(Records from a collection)
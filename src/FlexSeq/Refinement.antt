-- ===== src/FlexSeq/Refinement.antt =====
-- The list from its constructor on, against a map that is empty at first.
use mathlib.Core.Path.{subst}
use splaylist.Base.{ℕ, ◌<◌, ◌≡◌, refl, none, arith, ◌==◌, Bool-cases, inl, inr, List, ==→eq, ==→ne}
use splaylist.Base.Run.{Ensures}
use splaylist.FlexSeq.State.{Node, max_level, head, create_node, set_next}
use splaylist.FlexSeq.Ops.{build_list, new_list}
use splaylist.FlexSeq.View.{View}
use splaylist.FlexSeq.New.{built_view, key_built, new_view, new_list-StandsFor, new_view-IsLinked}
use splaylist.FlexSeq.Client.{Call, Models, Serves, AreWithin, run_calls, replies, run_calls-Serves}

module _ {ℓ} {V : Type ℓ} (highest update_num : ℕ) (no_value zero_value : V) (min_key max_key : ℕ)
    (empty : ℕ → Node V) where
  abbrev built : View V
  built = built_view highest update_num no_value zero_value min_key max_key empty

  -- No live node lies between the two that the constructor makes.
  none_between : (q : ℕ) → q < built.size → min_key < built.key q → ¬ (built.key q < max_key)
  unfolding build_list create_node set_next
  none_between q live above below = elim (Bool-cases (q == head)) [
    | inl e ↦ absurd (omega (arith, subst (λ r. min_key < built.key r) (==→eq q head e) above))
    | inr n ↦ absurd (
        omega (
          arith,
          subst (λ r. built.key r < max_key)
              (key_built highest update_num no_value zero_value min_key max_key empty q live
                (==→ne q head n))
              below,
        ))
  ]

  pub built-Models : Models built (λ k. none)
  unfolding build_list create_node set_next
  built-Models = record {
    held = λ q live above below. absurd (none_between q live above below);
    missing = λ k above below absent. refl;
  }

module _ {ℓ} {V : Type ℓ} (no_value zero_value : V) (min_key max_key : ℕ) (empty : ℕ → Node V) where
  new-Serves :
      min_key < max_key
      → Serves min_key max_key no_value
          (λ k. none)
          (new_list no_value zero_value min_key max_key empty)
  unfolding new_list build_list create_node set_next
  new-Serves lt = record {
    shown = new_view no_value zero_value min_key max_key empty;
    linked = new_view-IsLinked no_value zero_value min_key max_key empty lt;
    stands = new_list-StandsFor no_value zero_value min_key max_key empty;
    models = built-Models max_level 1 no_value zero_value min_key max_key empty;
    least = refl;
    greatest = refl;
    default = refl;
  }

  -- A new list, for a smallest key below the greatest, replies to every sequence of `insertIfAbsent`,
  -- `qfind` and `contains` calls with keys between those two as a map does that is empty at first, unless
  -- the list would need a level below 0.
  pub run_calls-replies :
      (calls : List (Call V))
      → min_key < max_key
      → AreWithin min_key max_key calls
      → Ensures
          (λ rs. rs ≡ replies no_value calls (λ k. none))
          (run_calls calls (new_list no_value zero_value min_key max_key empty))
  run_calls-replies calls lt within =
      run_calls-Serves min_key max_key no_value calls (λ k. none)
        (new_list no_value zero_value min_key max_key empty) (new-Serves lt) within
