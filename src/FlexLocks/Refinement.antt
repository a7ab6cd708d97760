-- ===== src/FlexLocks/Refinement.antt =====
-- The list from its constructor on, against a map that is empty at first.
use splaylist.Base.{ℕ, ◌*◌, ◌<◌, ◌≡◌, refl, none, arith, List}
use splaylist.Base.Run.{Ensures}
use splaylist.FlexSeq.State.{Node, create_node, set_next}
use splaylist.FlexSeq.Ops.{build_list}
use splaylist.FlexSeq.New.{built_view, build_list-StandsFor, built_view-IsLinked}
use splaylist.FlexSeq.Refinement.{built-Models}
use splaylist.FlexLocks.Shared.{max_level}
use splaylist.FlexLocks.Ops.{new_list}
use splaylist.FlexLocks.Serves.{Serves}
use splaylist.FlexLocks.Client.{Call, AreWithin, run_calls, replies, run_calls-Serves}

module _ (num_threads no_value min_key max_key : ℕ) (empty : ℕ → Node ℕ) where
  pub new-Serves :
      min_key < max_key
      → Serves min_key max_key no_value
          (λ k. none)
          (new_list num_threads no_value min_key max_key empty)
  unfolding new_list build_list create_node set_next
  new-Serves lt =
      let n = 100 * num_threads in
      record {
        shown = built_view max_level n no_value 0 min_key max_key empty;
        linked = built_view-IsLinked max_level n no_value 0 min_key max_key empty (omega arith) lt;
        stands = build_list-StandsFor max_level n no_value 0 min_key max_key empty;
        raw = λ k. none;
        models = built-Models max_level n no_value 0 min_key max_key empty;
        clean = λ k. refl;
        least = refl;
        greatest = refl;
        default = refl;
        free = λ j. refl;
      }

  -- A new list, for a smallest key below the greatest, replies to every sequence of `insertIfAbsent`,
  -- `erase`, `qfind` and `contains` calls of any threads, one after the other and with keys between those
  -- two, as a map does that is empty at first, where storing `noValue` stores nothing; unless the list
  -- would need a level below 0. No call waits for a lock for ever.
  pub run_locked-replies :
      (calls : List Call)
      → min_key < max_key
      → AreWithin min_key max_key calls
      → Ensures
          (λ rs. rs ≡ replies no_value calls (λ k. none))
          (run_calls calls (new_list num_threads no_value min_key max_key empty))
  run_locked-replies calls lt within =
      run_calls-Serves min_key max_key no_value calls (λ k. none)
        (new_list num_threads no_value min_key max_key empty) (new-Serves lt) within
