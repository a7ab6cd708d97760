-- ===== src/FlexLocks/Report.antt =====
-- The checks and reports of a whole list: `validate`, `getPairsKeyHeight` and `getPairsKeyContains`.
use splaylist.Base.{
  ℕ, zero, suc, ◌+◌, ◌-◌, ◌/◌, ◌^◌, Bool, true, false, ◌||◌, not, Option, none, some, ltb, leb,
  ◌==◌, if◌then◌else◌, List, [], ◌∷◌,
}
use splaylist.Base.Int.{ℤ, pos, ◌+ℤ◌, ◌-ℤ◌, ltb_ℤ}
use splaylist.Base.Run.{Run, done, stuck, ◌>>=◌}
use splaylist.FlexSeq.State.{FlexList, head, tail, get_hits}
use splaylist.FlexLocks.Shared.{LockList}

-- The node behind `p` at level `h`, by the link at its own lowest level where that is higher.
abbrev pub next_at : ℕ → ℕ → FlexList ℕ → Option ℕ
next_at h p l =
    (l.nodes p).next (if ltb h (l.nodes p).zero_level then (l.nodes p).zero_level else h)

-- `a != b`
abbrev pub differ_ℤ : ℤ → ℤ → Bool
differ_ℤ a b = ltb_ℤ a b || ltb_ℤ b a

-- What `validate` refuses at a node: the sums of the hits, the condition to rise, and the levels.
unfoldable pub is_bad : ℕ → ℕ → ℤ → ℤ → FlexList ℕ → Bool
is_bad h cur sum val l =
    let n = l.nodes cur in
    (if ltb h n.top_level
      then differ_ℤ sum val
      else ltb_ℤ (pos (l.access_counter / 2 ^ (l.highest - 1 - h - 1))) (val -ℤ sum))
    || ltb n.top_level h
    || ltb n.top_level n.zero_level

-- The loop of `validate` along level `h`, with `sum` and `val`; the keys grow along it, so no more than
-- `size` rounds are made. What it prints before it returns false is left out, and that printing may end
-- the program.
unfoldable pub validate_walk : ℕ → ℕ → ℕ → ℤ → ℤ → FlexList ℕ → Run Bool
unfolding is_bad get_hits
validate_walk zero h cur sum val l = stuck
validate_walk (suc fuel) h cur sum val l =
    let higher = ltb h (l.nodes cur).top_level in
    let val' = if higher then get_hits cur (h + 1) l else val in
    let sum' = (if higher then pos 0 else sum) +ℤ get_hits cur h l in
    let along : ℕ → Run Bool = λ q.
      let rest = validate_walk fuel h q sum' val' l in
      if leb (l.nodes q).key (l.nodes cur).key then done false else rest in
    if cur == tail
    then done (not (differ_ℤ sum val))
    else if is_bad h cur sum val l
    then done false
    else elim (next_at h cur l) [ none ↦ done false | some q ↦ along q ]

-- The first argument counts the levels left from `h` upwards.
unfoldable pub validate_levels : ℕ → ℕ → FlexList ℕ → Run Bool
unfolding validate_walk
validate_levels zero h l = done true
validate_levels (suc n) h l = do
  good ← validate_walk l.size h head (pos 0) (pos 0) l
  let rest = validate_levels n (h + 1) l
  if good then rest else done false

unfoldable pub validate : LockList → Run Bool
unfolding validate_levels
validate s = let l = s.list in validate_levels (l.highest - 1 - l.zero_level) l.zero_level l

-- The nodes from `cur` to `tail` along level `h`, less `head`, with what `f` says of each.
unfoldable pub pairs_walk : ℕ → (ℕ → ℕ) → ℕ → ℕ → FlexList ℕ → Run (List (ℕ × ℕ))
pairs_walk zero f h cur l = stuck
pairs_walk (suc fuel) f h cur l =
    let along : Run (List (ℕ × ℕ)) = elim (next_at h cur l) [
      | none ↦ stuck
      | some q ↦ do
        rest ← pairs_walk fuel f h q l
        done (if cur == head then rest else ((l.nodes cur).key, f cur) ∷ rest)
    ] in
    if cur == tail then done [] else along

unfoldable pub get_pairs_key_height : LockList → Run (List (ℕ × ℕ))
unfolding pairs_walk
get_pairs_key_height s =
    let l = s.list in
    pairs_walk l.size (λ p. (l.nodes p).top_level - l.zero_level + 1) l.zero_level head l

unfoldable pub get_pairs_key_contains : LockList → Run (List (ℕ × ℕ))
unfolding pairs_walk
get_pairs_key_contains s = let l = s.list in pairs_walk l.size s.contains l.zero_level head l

## What to produce
Nothing but a number should be given for this: how many lines in the entries above contain "does"?

## Exercise output
2